== Prompt ==
Below are the entries; return every line among them that holds the word "length".

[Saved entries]
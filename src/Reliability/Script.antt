-- ===== src/Reliability/Script.antt =====
-- The loop against a description of its verdict, for a context that stays alive.
use smart_eyes.Base.{
  ℕ, zero, suc, ◌+◌, ◌-◌, ◌≤◌, ◌<◌, ◌^◌, ◌≡◌, refl, sym, subst, Option, none, some, List, [], ◌∷◌,
  arith, Bool, true, length, take, find_where,
}
use smart_eyes.Base.Int.{pos}
use smart_eyes.Errors.{Err, wrap}
use smart_eyes.Reliability.{
  Policy, Outcome, done, gave, World, tries, is_final, give_up, pause, round, rounds, do_op,
  draw_bound,
}
use smart_eyes.Reliability.Backoff.{draw_bound_lem}

-- the answers that the operation will give, and the nanoseconds slept so far
pub record Script : Type 0 where
  pub answers : List (Option Err)
  pub slept : ℕ

abbrev next_answer : List (Option Err) → Option Err
next_answer [] = none
next_answer (r ∷ rs) = r

abbrev later_answers : List (Option Err) → List (Option Err)
later_answers [] = []
later_answers (r ∷ rs) = rs

-- a world that follows a script, in which the context is never done
abbrev pub scripted : (ℕ → ℕ) → World Script
scripted draw = record {
  op = λ s. (next_answer s.answers, record s { answers = later_answers s.answers });
  ctx_err = λ s. none;
  draw = λ n s. (draw n, s);
  sleep = λ d s. (none, record s { slept = s.slept + d });
}

-- success, and an error that must not be retried, end the loop
abbrev pub ends : Option Err → Bool
ends none = true
ends (some e) = is_final e

abbrev pub ended : Option Err → Outcome
ended none = done
ended (some e) = gave e

abbrev giving_up : Option Err → Outcome
giving_up none = done
giving_up (some e) = gave (wrap "giving up" e)

abbrev last_answer : List (Option Err) → Option Err
last_answer [] = none
last_answer (r ∷ []) = r
last_answer (r ∷ q ∷ rs) = last_answer (q ∷ rs)

-- what the answers to the tries amount to: the first that ends the loop, or else the last
abbrev pub verdict : List (Option Err) → Outcome
verdict rs = elim (find_where ends rs) [ some r ↦ ended r | none ↦ giving_up (last_answer rs) ]

pub pause_lem :
    (draw : ℕ → ℕ) (p : Policy) (attempt : ℕ) (next : Script → Outcome × Script) (e : Err)
    (rs : List (Option Err)) (slept n : ℕ)
    → draw_bound p attempt ≡ some n
    → pause (scripted draw) p attempt next e (record { answers = rs; slept = slept })
      ≡ next (record { answers = rs; slept = slept + draw n })
unfolding pause
pause_lem draw p attempt next e rs slept n h = rw (h, pause)

module _ (draw : ℕ → ℕ) (p : Policy) (m : ℕ) (capped : p.max ≡ pos m) (small : m < 2 ^ 63 - 1) where
  rounds-verdict :
      (left attempt : ℕ) (r : Option Err) (rs : List (Option Err)) (slept : ℕ)
      → left ≤ length rs
      → (rounds (scripted draw) p left attempt (record { answers = r ∷ rs; slept = slept })).0
        ≡ verdict (r ∷ take left rs)
  unfolding rounds round give_up
  rounds-verdict zero attempt none rs slept h = refl
  rounds-verdict zero attempt (some e) rs slept h = ground arith
  rounds-verdict (suc left) attempt none rs slept h = refl
  rounds-verdict (suc left) attempt (some e) [] slept h = absurd (omega arith)
  rounds-verdict (suc left) attempt (some e) (q ∷ rs) slept h =
      let (c, ec, bound, le) = draw_bound_lem p attempt m capped small in
      let ih = rounds-verdict left (suc attempt) q rs (slept + draw (c + 1)) (omega arith) in
      ground (
        arith,
        ih,
        pause_lem draw p attempt (rounds (scripted draw) p left (suc attempt)) e (q ∷ rs) slept
            (c + 1) bound,
      )

-- With a context that stays alive and a cap in range, `Do` ends as the answers to its tries say:
-- nil at the first success, the error itself at the first that is permanent or a cancellation, and
-- otherwise, when all the tries have failed, the last error wrapped. It asks no answer beyond
-- `Attempts` (at least one).
pub do_op-verdict :
    (draw : ℕ → ℕ) (p : Policy) (m : ℕ) (rs : List (Option Err)) (slept : ℕ)
    → p.max ≡ pos m
    → m < 2 ^ 63 - 1
    → tries p ≤ length rs
    → (do_op (scripted draw) p (record { answers = rs; slept = slept })).0
      ≡ verdict (take (tries p) rs)
unfolding do_op
do_op-verdict draw p m [] slept capped small h = absurd (ground arith)
do_op-verdict draw p m (r ∷ rs) slept capped small h =
    let some_try : tries p ≡ suc (tries p - 1) = ground arith in
    subst
      (λ n.
        (rounds (scripted draw) p (tries p - 1) 0 (record { answers = r ∷ rs; slept = slept })).0
        ≡ verdict (take n (r ∷ rs)))
      (sym some_try)
      (rounds-verdict draw p m capped small (tries p - 1) 0 r rs slept (ground arith))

== Solution to this problem ==
  arith, Bool, true, length, take, find_where,
      → left ≤ length rs
    → tries p ≤ length rs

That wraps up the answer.